## [Assigned task]
Keeping every character in place, output all the data.

## [Records supplied]
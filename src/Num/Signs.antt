-- ===== src/Num/Signs.antt =====
-- Signs and safe divisions, from the laws of a number system. No code of the program is modelled
-- here.
use quantconnect.Prelude.{ℕ, suc, ◌<◌, ◌≡◌, false, List, [], ◌∷◌, ◌++◌, arith, Returns}
use quantconnect.Num.{Num, IsOrdered, IsSigned, max_of, divide, sum_from, sum_of}

module _ (N : Num) where
  open N use {F, lt, eq, add, mul, of_ℕ}

  -- `0 <= a`
  abbrev pub NonNeg : F → Type 0
  NonNeg a = lt a (of_ℕ 0) ≡ false

  abbrev pub AreNonNeg : List F → Type 0
  AreNonNeg [] = Unit
  AreNonNeg (x ∷ xs) = NonNeg x × AreNonNeg xs

  pub AreNonNeg-append_one :
      (xs : List F) (x : F) → AreNonNeg xs → NonNeg x → AreNonNeg (xs ++ x ∷ [])
  AreNonNeg-append_one [] x h k = (k, tt)
  AreNonNeg-append_one (y ∷ ys) x h k = (h.0, AreNonNeg-append_one ys x h.1 k)

  -- A division by a number that is not zero returns.
  pub divide-Returns : (a b : F) → eq b (of_ℕ 0) ≡ false → Returns (λ q. Unit {0}) (divide N a b)
  unfolding divide
  divide-Returns a b h = rw h tt

module _ {N : Num} (ordered : IsOrdered N) (signed : IsSigned N) where
  open N use {F, lt, eq, add, mul, of_ℕ}

  pub max_nonneg : (a : F) → NonNeg N (max_of N a (of_ℕ 0))
  max_nonneg a = ground (arith, ordered.irrefl (of_ℕ 0))

  pub divide_nonneg :
      (a b : F)
      → NonNeg N a
      → NonNeg N b
      → eq b (of_ℕ 0) ≡ false
      → Returns (NonNeg N) (divide N a b)
  unfolding divide
  divide_nonneg a b h k nz = rw nz (signed.div_nonneg a b h k nz)

  sum_from_nonneg :
      (acc : F) (xs : List F) → NonNeg N acc → AreNonNeg N xs → NonNeg N (sum_from N acc xs)
  unfolding sum_from
  sum_from_nonneg acc [] h k = h
  sum_from_nonneg acc (x ∷ xs) h k =
      sum_from_nonneg (add acc x) xs (signed.add_nonneg acc x h k.0) k.1

  pub sum_nonneg : (xs : List F) → AreNonNeg N xs → NonNeg N (sum_of N xs)
  sum_nonneg xs h = sum_from_nonneg (of_ℕ 0) xs (signed.of_ℕ_nonneg 0) h

  -- A period that is not zero is no zero divisor.
  pub period_nonzero : (n : ℕ) → 0 < n → eq (of_ℕ n) (of_ℕ 0) ≡ false
  period_nonzero (suc n) h = signed.suc_nonzero n
  period_nonzero _ h = absurd (omega arith)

## [Output]
filename src/Num/Signs.antt
-- ===== src/Num/Signs.antt =====
-- Signs and safe divisions, from the laws of a number system. No code of the program is modelled
-- here.
use quantconnect.Prelude.{ℕ, suc, ◌<◌, ◌≡◌, false, List, [], ◌∷◌, ◌++◌, arith, Returns}
use quantconnect.Num.{Num, IsOrdered, IsSigned, max_of, divide, sum_from, sum_of}

module _ (N : Num) where
  open N use {F, lt, eq, add, mul, of_ℕ}

  -- `0 <= a`
  abbrev pub NonNeg : F → Type 0
  NonNeg a = lt a (of_ℕ 0) ≡ false

  abbrev pub AreNonNeg : List F → Type 0
  AreNonNeg [] = Unit
  AreNonNeg (x ∷ xs) = NonNeg x × AreNonNeg xs

  pub AreNonNeg-append_one :
      (xs : List F) (x : F) → AreNonNeg xs → NonNeg x → AreNonNeg (xs ++ x ∷ [])
  AreNonNeg-append_one [] x h k = (k, tt)
  AreNonNeg-append_one (y ∷ ys) x h k = (h.0, AreNonNeg-append_one ys x h.1 k)

  -- A division by a number that is not zero returns.
  pub divide-Returns : (a b : F) → eq b (of_ℕ 0) ≡ false → Returns (λ q. Unit {0}) (divide N a b)
  unfolding divide
  divide-Returns a b h = rw h tt

module _ {N : Num} (ordered : IsOrdered N) (signed : IsSigned N) where
  open N use {F, lt, eq, add, mul, of_ℕ}

  pub max_nonneg : (a : F) → NonNeg N (max_of N a (of_ℕ 0))
  max_nonneg a = ground (arith, ordered.irrefl (of_ℕ 0))

  pub divide_nonneg :
      (a b : F)
      → NonNeg N a
      → NonNeg N b
      → eq b (of_ℕ 0) ≡ false
      → Returns (NonNeg N) (divide N a b)
  unfolding divide
  divide_nonneg a b h k nz = rw nz (signed.div_nonneg a b h k nz)

  sum_from_nonneg :
      (acc : F) (xs : List F) → NonNeg N acc → AreNonNeg N xs → NonNeg N (sum_from N acc xs)
  unfolding sum_from
  sum_from_nonneg acc [] h k = h
  sum_from_nonneg acc (x ∷ xs) h k =
      sum_from_nonneg (add acc x) xs (signed.add_nonneg acc x h k.0) k.1

  pub sum_nonneg : (xs : List F) → AreNonNeg N xs → NonNeg N (sum_of N xs)
  sum_nonneg xs h = sum_from_nonneg (of_ℕ 0) xs (signed.of_ℕ_nonneg 0) h

  -- A period that is not zero is no zero divisor.
  pub period_nonzero : (n : ℕ) → 0 < n → eq (of_ℕ n) (of_ℕ 0) ≡ false
  period_nonzero (suc n) h = signed.suc_nonzero n
  period_nonzero _ h = absurd (omega arith)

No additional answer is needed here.